_Assigned task_
Your answer should restate each line of the data below word for word.
··· Data for the task
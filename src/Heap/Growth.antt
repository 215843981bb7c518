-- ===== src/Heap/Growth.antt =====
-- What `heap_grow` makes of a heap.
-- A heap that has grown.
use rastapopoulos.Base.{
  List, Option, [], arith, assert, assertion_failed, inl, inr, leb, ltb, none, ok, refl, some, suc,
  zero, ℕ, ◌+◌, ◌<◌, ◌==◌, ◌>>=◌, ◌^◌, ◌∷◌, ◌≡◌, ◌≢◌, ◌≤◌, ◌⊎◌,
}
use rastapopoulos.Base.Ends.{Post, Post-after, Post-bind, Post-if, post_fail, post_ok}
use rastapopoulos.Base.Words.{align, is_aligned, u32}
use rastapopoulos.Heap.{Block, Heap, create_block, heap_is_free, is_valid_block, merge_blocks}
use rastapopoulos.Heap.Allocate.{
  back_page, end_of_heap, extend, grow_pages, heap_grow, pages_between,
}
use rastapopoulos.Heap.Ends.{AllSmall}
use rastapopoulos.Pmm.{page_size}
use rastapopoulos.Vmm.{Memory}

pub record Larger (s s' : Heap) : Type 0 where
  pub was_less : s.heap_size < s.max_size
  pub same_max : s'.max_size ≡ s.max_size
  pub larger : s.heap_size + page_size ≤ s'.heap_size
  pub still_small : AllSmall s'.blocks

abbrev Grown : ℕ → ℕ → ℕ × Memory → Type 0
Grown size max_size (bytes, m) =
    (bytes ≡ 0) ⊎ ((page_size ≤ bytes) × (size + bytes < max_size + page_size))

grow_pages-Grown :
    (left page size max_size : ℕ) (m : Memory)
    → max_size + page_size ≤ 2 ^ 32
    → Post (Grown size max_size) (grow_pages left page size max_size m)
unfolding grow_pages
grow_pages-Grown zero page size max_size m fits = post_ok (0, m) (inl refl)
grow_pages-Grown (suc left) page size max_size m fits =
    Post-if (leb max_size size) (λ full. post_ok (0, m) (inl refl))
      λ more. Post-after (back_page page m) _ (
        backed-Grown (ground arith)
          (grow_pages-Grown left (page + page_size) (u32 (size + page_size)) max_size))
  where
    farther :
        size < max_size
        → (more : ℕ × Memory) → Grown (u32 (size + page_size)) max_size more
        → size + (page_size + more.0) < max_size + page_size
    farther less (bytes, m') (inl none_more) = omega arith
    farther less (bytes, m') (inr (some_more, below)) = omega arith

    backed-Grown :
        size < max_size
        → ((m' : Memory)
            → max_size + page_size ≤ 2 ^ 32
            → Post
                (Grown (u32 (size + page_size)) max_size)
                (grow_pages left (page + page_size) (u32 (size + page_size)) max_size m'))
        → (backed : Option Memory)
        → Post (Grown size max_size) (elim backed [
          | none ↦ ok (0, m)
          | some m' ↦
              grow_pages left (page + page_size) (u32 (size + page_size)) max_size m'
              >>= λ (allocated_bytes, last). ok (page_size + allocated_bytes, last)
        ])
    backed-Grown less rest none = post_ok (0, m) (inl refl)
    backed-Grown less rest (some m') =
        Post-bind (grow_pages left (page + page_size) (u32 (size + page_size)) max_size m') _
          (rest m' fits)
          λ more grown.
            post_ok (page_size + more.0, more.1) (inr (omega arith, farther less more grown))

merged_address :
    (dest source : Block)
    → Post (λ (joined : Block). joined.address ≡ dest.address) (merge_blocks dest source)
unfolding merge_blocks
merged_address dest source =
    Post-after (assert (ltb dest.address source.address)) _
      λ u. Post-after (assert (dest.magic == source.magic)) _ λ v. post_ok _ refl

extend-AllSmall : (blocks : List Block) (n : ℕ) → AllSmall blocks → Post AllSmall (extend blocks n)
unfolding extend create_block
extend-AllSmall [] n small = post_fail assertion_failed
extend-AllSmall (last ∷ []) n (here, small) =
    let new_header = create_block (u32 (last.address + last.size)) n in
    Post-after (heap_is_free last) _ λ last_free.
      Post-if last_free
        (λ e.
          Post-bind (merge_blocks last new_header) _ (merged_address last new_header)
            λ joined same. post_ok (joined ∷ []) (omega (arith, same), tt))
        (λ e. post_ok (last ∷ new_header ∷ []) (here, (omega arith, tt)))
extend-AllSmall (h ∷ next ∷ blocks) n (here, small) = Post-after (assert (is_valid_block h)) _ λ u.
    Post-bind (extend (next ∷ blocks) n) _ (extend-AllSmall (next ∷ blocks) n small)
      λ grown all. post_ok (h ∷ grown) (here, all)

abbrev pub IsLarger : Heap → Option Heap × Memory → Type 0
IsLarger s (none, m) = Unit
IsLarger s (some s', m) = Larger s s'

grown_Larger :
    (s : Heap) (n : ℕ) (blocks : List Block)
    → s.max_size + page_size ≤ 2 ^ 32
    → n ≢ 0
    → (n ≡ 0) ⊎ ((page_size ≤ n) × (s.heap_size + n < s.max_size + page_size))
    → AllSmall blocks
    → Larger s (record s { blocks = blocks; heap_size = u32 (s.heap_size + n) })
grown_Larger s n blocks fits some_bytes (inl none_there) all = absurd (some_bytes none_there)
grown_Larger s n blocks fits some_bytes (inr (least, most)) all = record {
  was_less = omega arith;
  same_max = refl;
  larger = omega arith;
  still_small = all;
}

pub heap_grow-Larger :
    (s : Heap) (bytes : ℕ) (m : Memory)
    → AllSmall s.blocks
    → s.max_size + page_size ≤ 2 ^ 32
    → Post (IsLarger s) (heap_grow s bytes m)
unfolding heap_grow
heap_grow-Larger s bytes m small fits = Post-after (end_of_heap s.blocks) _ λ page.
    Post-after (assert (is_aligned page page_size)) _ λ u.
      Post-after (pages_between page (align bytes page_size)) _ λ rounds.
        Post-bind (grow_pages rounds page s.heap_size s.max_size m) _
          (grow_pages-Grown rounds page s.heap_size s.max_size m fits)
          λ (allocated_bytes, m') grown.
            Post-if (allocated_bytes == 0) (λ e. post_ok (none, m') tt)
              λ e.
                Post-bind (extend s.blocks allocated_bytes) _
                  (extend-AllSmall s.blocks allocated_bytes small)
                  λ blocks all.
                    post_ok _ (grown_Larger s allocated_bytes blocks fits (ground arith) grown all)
······
_Finished task_
filename src/Heap/Growth.antt
repository 215843981bb7c518
-- ===== src/Heap/Growth.antt =====
-- What `heap_grow` makes of a heap.
-- A heap that has grown.
use rastapopoulos.Base.{
  List, Option, [], arith, assert, assertion_failed, inl, inr, leb, ltb, none, ok, refl, some, suc,
  zero, ℕ, ◌+◌, ◌<◌, ◌==◌, ◌>>=◌, ◌^◌, ◌∷◌, ◌≡◌, ◌≢◌, ◌≤◌, ◌⊎◌,
}
use rastapopoulos.Base.Ends.{Post, Post-after, Post-bind, Post-if, post_fail, post_ok}
use rastapopoulos.Base.Words.{align, is_aligned, u32}
use rastapopoulos.Heap.{Block, Heap, create_block, heap_is_free, is_valid_block, merge_blocks}
use rastapopoulos.Heap.Allocate.{
  back_page, end_of_heap, extend, grow_pages, heap_grow, pages_between,
}
use rastapopoulos.Heap.Ends.{AllSmall}
use rastapopoulos.Pmm.{page_size}
use rastapopoulos.Vmm.{Memory}

pub record Larger (s s' : Heap) : Type 0 where
  pub was_less : s.heap_size < s.max_size
  pub same_max : s'.max_size ≡ s.max_size
  pub larger : s.heap_size + page_size ≤ s'.heap_size
  pub still_small : AllSmall s'.blocks

abbrev Grown : ℕ → ℕ → ℕ × Memory → Type 0
Grown size max_size (bytes, m) =
    (bytes ≡ 0) ⊎ ((page_size ≤ bytes) × (size + bytes < max_size + page_size))

grow_pages-Grown :
    (left page size max_size : ℕ) (m : Memory)
    → max_size + page_size ≤ 2 ^ 32
    → Post (Grown size max_size) (grow_pages left page size max_size m)
unfolding grow_pages
grow_pages-Grown zero page size max_size m fits = post_ok (0, m) (inl refl)
grow_pages-Grown (suc left) page size max_size m fits =
    Post-if (leb max_size size) (λ full. post_ok (0, m) (inl refl))
      λ more. Post-after (back_page page m) _ (
        backed-Grown (ground arith)
          (grow_pages-Grown left (page + page_size) (u32 (size + page_size)) max_size))
  where
    farther :
        size < max_size
        → (more : ℕ × Memory) → Grown (u32 (size + page_size)) max_size more
        → size + (page_size + more.0) < max_size + page_size
    farther less (bytes, m') (inl none_more) = omega arith
    farther less (bytes, m') (inr (some_more, below)) = omega arith

    backed-Grown :
        size < max_size
        → ((m' : Memory)
            → max_size + page_size ≤ 2 ^ 32
            → Post
                (Grown (u32 (size + page_size)) max_size)
                (grow_pages left (page + page_size) (u32 (size + page_size)) max_size m'))
        → (backed : Option Memory)
        → Post (Grown size max_size) (elim backed [
          | none ↦ ok (0, m)
          | some m' ↦
              grow_pages left (page + page_size) (u32 (size + page_size)) max_size m'
              >>= λ (allocated_bytes, last). ok (page_size + allocated_bytes, last)
        ])
    backed-Grown less rest none = post_ok (0, m) (inl refl)
    backed-Grown less rest (some m') =
        Post-bind (grow_pages left (page + page_size) (u32 (size + page_size)) max_size m') _
          (rest m' fits)
          λ more grown.
            post_ok (page_size + more.0, more.1) (inr (omega arith, farther less more grown))

merged_address :
    (dest source : Block)
    → Post (λ (joined : Block). joined.address ≡ dest.address) (merge_blocks dest source)
unfolding merge_blocks
merged_address dest source =
    Post-after (assert (ltb dest.address source.address)) _
      λ u. Post-after (assert (dest.magic == source.magic)) _ λ v. post_ok _ refl

extend-AllSmall : (blocks : List Block) (n : ℕ) → AllSmall blocks → Post AllSmall (extend blocks n)
unfolding extend create_block
extend-AllSmall [] n small = post_fail assertion_failed
extend-AllSmall (last ∷ []) n (here, small) =
    let new_header = create_block (u32 (last.address + last.size)) n in
    Post-after (heap_is_free last) _ λ last_free.
      Post-if last_free
        (λ e.
          Post-bind (merge_blocks last new_header) _ (merged_address last new_header)
            λ joined same. post_ok (joined ∷ []) (omega (arith, same), tt))
        (λ e. post_ok (last ∷ new_header ∷ []) (here, (omega arith, tt)))
extend-AllSmall (h ∷ next ∷ blocks) n (here, small) = Post-after (assert (is_valid_block h)) _ λ u.
    Post-bind (extend (next ∷ blocks) n) _ (extend-AllSmall (next ∷ blocks) n small)
      λ grown all. post_ok (h ∷ grown) (here, all)

abbrev pub IsLarger : Heap → Option Heap × Memory → Type 0
IsLarger s (none, m) = Unit
IsLarger s (some s', m) = Larger s s'

grown_Larger :
    (s : Heap) (n : ℕ) (blocks : List Block)
    → s.max_size + page_size ≤ 2 ^ 32
    → n ≢ 0
    → (n ≡ 0) ⊎ ((page_size ≤ n) × (s.heap_size + n < s.max_size + page_size))
    → AllSmall blocks
    → Larger s (record s { blocks = blocks; heap_size = u32 (s.heap_size + n) })
grown_Larger s n blocks fits some_bytes (inl none_there) all = absurd (some_bytes none_there)
grown_Larger s n blocks fits some_bytes (inr (least, most)) all = record {
  was_less = omega arith;
  same_max = refl;
  larger = omega arith;
  still_small = all;
}

pub heap_grow-Larger :
    (s : Heap) (bytes : ℕ) (m : Memory)
    → AllSmall s.blocks
    → s.max_size + page_size ≤ 2 ^ 32
    → Post (IsLarger s) (heap_grow s bytes m)
unfolding heap_grow
heap_grow-Larger s bytes m small fits = Post-after (end_of_heap s.blocks) _ λ page.
    Post-after (assert (is_aligned page page_size)) _ λ u.
      Post-after (pages_between page (align bytes page_size)) _ λ rounds.
        Post-bind (grow_pages rounds page s.heap_size s.max_size m) _
          (grow_pages-Grown rounds page s.heap_size s.max_size m fits)
          λ (allocated_bytes, m') grown.
            Post-if (allocated_bytes == 0) (λ e. post_ok (none, m') tt)
              λ e.
                Post-bind (extend s.blocks allocated_bytes) _
                  (extend-AllSmall s.blocks allocated_bytes small)
                  λ blocks all.
                    post_ok _ (grown_Larger s allocated_bytes blocks fits (ground arith) grown all)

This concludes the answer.